Instructions for the task
Please return each record exactly as it stands.

Dataset content
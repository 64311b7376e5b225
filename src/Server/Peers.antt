-- ===== src/Server/Peers.antt =====
-- The connections to peers: dialled once, and what comes back over them.
use time_series_cardinality.Base.{
  ℕ, ◌≡◌, ◌≢◌, refl, ◌∙◌, ap, inl, inr, List, [], ◌∷◌, Bytes, Option-cases, bytes_eq, some,
}
use time_series_cardinality.Map.{lookup, lookup-insert_self}
use time_series_cardinality.External.{Murmur}
use time_series_cardinality.Errors.{Error, internal, dial_peer, Result, ok, err, Result-cases}
use time_series_cardinality.Sketch.{SketchOps, Algorithm}
use time_series_cardinality.Store.{Badger}
use time_series_cardinality.Server.{
  batch_add_body, query_body, Server, Network, Config, note, forwarded, get_peer_client, forward,
  peer_of, batch_add, query, batch_add_method, query_method,
}
use time_series_cardinality.Server.Metrics.{forward_request-forward}
use time_series_cardinality.Server.Forwarding.{
  finish-same, batch_add_body_forwarded, query_body_forwarded,
}

module _ (o : SketchOps) (alg : Algorithm o) (Db : Type 0) {W : Type 0} (net : Network W) where
  pub get_peer_client_known :
      (addr : Bytes) (s : Server o alg Db net) {c : net.ClientConn}
      → lookup addr s.conns ≡ some c
      → get_peer_client o alg Db net addr s ≡ (ok c, s)
  unfolding get_peer_client
  get_peer_client_known addr s known = rw (known, get_peer_client) refl

  pub get_peer_client_kept :
      (addr : Bytes) (s : Server o alg Db net) (c : net.ClientConn)
      → (get_peer_client o alg Db net addr s).0 ≡ ok c
      → lookup addr (get_peer_client o alg Db net addr s).1.conns ≡ some c
  unfolding get_peer_client
  get_peer_client_kept addr s c p = elim (Option-cases (lookup addr s.conns)) [
    | inr (d, known) ↦ rw (known, get_peer_client) (known ∙ cc (rw (known, get_peer_client) at p))
    | inl unknown ↦ elim (Result-cases (net.dial addr (net.insecure ∷ s.dial_opts) s.world).0) [
      | inl (d, dialled) ↦
          rw (unknown, dialled, get_peer_client)
            (lookup-insert_self addr d s.conns ∙ cc (rw (unknown, dialled, get_peer_client) at p))
      | inr (x, failed) ↦ cc (rw (unknown, failed, get_peer_client) at p)
    ]
  ]

  -- A peer that was reached once is not dialled again: a second request for its client gives the
  -- same connection, and changes nothing on the server or outside it.
  pub get_peer_client_again :
      (addr : Bytes) (s : Server o alg Db net) (c : net.ClientConn)
      → (get_peer_client o alg Db net addr s).0 ≡ ok c
      → get_peer_client o alg Db net addr (get_peer_client o alg Db net addr s).1
        ≡ (ok c, (get_peer_client o alg Db net addr s).1)
  get_peer_client_again addr s c p = get_peer_client_known addr _ (get_peer_client_kept addr s c p)

  -- What a forwarded call answers: the error of the dial, or the peer's answer, error or not.
  pub forward_answers :
      {A : Type 0} (owner method : Bytes) (call : net.ClientConn → W → Result A × W)
      (s : Server o alg Db net)
      → let r = get_peer_client o alg Db net owner (note o alg Db net (forwarded owner method) s) in
        ((x : Error)
          → r.0 ≡ err x
          → (forward o alg Db net owner method call s).0 ≡ err (internal dial_peer x))
        × ((c : net.ClientConn)
            → r.0 ≡ ok c
            → (forward o alg Db net owner method call s).0 ≡ (call c r.1.world).0)
  unfolding forward
  forward_answers owner method call s =
      let r = get_peer_client o alg Db net owner (note o alg Db net (forwarded owner method) s) in
      (
        λ x failed. rw (failed, forward) refl,
        λ c got. elim (Result-cases (call c r.1.world).0) [
          | inl (a, fine) ↦ rw (got, fine, forward) refl
          | inr (x, bad) ↦ rw (got, bad, forward) refl
        ],
      )

  known_client :
      (owner method : Bytes) (s : Server o alg Db net) (c : net.ClientConn)
      → lookup owner s.conns ≡ some c
      → get_peer_client o alg Db net owner (note o alg Db net (forwarded owner method) s)
        ≡ (ok c, note o alg Db net (forwarded owner method) s)
  known_client owner method s c known = get_peer_client_known owner _ (unfold note in known)

  forward_known :
      {A : Type 0} (owner method : Bytes) (call : net.ClientConn → W → Result A × W)
      (s : Server o alg Db net) (c : net.ClientConn)
      → lookup owner s.conns ≡ some c
      → (forward o alg Db net owner method call s).0 ≡ (call c s.world).0
  forward_known owner method call s c known =
      let e = known_client owner method s c known in
      (forward_answers owner method call s).1 c (ap (λ r. r.0) e)
      ∙ ap (λ r. (call c r.1.world).0) e
      ∙ unfold note in refl

  module _ (badger : Badger Db) (m : Murmur) (config : Config W) where
    -- On a node with a connection to the other node that owns a named group, BatchAdd and Query of
    -- that group answer exactly what the owner answers, its errors included.
    pub forwarded_answers :
        (group owner : Bytes) (ids : List ℕ) (s : Server o alg Db net) (c : net.ClientConn)
        → group ≢ []
        → peer_of m config group ≡ some owner
        → lookup owner s.conns ≡ some c
        → ((batch_add o alg Db net badger m config group ids s).0
            ≡ (net.batch_add c group ids s.world).0)
          × ((query o alg Db net badger m config group s).0 ≡ (net.query c group s.world).0)
    unfolding batch_add query
    forwarded_answers group owner ids s c named other known = (
      (finish-same o alg Db net badger m config batch_add_method
            (batch_add_body o alg Db net badger m config group ids s)).0
          ∙ ap (λ r. r.0.0)
              (batch_add_body_forwarded o alg Db net badger m config group owner named other ids s)
          ∙ (forward_request-forward owner batch_add_method (λ d. net.batch_add d group ids) s).0
          ∙ forward_known owner batch_add_method (λ d. net.batch_add d group ids) s c known,
      (finish-same o alg Db net badger m config query_method
            (query_body o alg Db net badger m config group s)).0
          ∙ ap (λ r. r.0.0)
              (query_body_forwarded o alg Db net badger m config group owner named other s)
          ∙ (forward_request-forward owner query_method (λ d. net.query d group) s).0
          ∙ forward_known owner query_method (λ d. net.query d group) s c known,
    )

Task response
repository 64311b7376e5b225
filename src/Server/Peers.antt
-- ===== src/Server/Peers.antt =====
-- The connections to peers: dialled once, and what comes back over them.
use time_series_cardinality.Base.{
  ℕ, ◌≡◌, ◌≢◌, refl, ◌∙◌, ap, inl, inr, List, [], ◌∷◌, Bytes, Option-cases, bytes_eq, some,
}
use time_series_cardinality.Map.{lookup, lookup-insert_self}
use time_series_cardinality.External.{Murmur}
use time_series_cardinality.Errors.{Error, internal, dial_peer, Result, ok, err, Result-cases}
use time_series_cardinality.Sketch.{SketchOps, Algorithm}
use time_series_cardinality.Store.{Badger}
use time_series_cardinality.Server.{
  batch_add_body, query_body, Server, Network, Config, note, forwarded, get_peer_client, forward,
  peer_of, batch_add, query, batch_add_method, query_method,
}
use time_series_cardinality.Server.Metrics.{forward_request-forward}
use time_series_cardinality.Server.Forwarding.{
  finish-same, batch_add_body_forwarded, query_body_forwarded,
}

module _ (o : SketchOps) (alg : Algorithm o) (Db : Type 0) {W : Type 0} (net : Network W) where
  pub get_peer_client_known :
      (addr : Bytes) (s : Server o alg Db net) {c : net.ClientConn}
      → lookup addr s.conns ≡ some c
      → get_peer_client o alg Db net addr s ≡ (ok c, s)
  unfolding get_peer_client
  get_peer_client_known addr s known = rw (known, get_peer_client) refl

  pub get_peer_client_kept :
      (addr : Bytes) (s : Server o alg Db net) (c : net.ClientConn)
      → (get_peer_client o alg Db net addr s).0 ≡ ok c
      → lookup addr (get_peer_client o alg Db net addr s).1.conns ≡ some c
  unfolding get_peer_client
  get_peer_client_kept addr s c p = elim (Option-cases (lookup addr s.conns)) [
    | inr (d, known) ↦ rw (known, get_peer_client) (known ∙ cc (rw (known, get_peer_client) at p))
    | inl unknown ↦ elim (Result-cases (net.dial addr (net.insecure ∷ s.dial_opts) s.world).0) [
      | inl (d, dialled) ↦
          rw (unknown, dialled, get_peer_client)
            (lookup-insert_self addr d s.conns ∙ cc (rw (unknown, dialled, get_peer_client) at p))
      | inr (x, failed) ↦ cc (rw (unknown, failed, get_peer_client) at p)
    ]
  ]

  -- A peer that was reached once is not dialled again: a second request for its client gives the
  -- same connection, and changes nothing on the server or outside it.
  pub get_peer_client_again :
      (addr : Bytes) (s : Server o alg Db net) (c : net.ClientConn)
      → (get_peer_client o alg Db net addr s).0 ≡ ok c
      → get_peer_client o alg Db net addr (get_peer_client o alg Db net addr s).1
        ≡ (ok c, (get_peer_client o alg Db net addr s).1)
  get_peer_client_again addr s c p = get_peer_client_known addr _ (get_peer_client_kept addr s c p)

  -- What a forwarded call answers: the error of the dial, or the peer's answer, error or not.
  pub forward_answers :
      {A : Type 0} (owner method : Bytes) (call : net.ClientConn → W → Result A × W)
      (s : Server o alg Db net)
      → let r = get_peer_client o alg Db net owner (note o alg Db net (forwarded owner method) s) in
        ((x : Error)
          → r.0 ≡ err x
          → (forward o alg Db net owner method call s).0 ≡ err (internal dial_peer x))
        × ((c : net.ClientConn)
            → r.0 ≡ ok c
            → (forward o alg Db net owner method call s).0 ≡ (call c r.1.world).0)
  unfolding forward
  forward_answers owner method call s =
      let r = get_peer_client o alg Db net owner (note o alg Db net (forwarded owner method) s) in
      (
        λ x failed. rw (failed, forward) refl,
        λ c got. elim (Result-cases (call c r.1.world).0) [
          | inl (a, fine) ↦ rw (got, fine, forward) refl
          | inr (x, bad) ↦ rw (got, bad, forward) refl
        ],
      )

  known_client :
      (owner method : Bytes) (s : Server o alg Db net) (c : net.ClientConn)
      → lookup owner s.conns ≡ some c
      → get_peer_client o alg Db net owner (note o alg Db net (forwarded owner method) s)
        ≡ (ok c, note o alg Db net (forwarded owner method) s)
  known_client owner method s c known = get_peer_client_known owner _ (unfold note in known)

  forward_known :
      {A : Type 0} (owner method : Bytes) (call : net.ClientConn → W → Result A × W)
      (s : Server o alg Db net) (c : net.ClientConn)
      → lookup owner s.conns ≡ some c
      → (forward o alg Db net owner method call s).0 ≡ (call c s.world).0
  forward_known owner method call s c known =
      let e = known_client owner method s c known in
      (forward_answers owner method call s).1 c (ap (λ r. r.0) e)
      ∙ ap (λ r. (call c r.1.world).0) e
      ∙ unfold note in refl

  module _ (badger : Badger Db) (m : Murmur) (config : Config W) where
    -- On a node with a connection to the other node that owns a named group, BatchAdd and Query of
    -- that group answer exactly what the owner answers, its errors included.
    pub forwarded_answers :
        (group owner : Bytes) (ids : List ℕ) (s : Server o alg Db net) (c : net.ClientConn)
        → group ≢ []
        → peer_of m config group ≡ some owner
        → lookup owner s.conns ≡ some c
        → ((batch_add o alg Db net badger m config group ids s).0
            ≡ (net.batch_add c group ids s.world).0)
          × ((query o alg Db net badger m config group s).0 ≡ (net.query c group s.world).0)
    unfolding batch_add query
    forwarded_answers group owner ids s c named other known = (
      (finish-same o alg Db net badger m config batch_add_method
            (batch_add_body o alg Db net badger m config group ids s)).0
          ∙ ap (λ r. r.0.0)
              (batch_add_body_forwarded o alg Db net badger m config group owner named other ids s)
          ∙ (forward_request-forward owner batch_add_method (λ d. net.batch_add d group ids) s).0
          ∙ forward_known owner batch_add_method (λ d. net.batch_add d group ids) s c known,
      (finish-same o alg Db net badger m config query_method
            (query_body o alg Db net badger m config group s)).0
          ∙ ap (λ r. r.0.0)
              (query_body_forwarded o alg Db net badger m config group owner named other s)
          ∙ (forward_request-forward owner query_method (λ d. net.query d group) s).0
          ∙ forward_known owner query_method (λ d. net.query d group) s c known,
    )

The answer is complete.